**Your assignment:**
This exercise needs all of the entries set down again, exactly as they read.

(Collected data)
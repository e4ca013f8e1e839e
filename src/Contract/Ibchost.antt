-- ===== src/Contract/Ibchost.antt =====
-- pkg/contract/ibchost/ibchost.go: the binding of a contract.
pub mod Structs
pub mod Caller
pub mod Transactor
pub mod Events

**Written answer:**
repository e4ca013f8e1e839e
filename src/Contract/Ibchost.antt
-- ===== src/Contract/Ibchost.antt =====
-- pkg/contract/ibchost/ibchost.go: the binding of a contract.
pub mod Structs
pub mod Caller
pub mod Transactor
pub mod Events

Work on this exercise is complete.